── Data for this exercise ──

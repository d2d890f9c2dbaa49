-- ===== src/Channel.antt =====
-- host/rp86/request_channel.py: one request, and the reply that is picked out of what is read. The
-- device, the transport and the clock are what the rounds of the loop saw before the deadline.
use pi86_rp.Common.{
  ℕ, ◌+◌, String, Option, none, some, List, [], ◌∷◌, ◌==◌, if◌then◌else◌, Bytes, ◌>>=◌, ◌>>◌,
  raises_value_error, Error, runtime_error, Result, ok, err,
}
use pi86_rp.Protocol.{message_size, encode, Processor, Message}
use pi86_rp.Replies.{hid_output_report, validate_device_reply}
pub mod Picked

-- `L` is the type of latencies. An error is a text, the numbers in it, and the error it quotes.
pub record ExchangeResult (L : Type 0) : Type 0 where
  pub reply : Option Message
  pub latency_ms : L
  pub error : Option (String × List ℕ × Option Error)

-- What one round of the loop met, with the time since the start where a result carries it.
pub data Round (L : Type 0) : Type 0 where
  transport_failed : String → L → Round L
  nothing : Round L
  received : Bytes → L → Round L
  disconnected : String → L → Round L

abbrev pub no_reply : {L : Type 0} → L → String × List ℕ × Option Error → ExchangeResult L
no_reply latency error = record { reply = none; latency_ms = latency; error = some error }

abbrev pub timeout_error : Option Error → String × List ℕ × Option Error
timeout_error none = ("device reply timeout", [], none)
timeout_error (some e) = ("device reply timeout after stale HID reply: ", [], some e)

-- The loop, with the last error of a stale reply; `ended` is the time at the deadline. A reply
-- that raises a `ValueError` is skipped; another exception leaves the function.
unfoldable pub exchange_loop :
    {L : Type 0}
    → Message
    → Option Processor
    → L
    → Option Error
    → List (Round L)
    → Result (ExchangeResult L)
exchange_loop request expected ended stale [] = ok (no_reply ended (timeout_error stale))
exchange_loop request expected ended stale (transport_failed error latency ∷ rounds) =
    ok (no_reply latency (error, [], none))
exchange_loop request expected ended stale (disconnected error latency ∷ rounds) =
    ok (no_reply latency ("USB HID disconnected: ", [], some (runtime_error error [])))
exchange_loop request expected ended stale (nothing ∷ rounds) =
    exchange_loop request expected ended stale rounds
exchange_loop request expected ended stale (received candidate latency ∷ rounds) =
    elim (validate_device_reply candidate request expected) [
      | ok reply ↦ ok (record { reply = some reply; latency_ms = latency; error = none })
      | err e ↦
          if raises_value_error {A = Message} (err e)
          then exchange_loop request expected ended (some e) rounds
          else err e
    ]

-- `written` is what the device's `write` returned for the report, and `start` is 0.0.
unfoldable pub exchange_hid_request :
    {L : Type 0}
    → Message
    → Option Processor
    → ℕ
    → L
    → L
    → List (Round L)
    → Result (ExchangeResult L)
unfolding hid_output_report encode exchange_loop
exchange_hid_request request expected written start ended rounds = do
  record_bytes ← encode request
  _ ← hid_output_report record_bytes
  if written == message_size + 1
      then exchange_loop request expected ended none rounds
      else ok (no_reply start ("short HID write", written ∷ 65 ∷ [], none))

───

▸ Problem to work on: All lines in the listing above from the line containing "abbrev pub no_reply" to the line containing "timeout_error (some e)", inclusive, should be retyped exactly; no other lines should appear.

▸ Written response:
abbrev pub no_reply : {L : Type 0} → L → String × List ℕ × Option Error → ExchangeResult L
no_reply latency error = record { reply = none; latency_ms = latency; error = some error }

abbrev pub timeout_error : Option Error → String × List ℕ × Option Error
timeout_error none = ("device reply timeout", [], none)
timeout_error (some e) = ("device reply timeout after stale HID reply: ", [], some e)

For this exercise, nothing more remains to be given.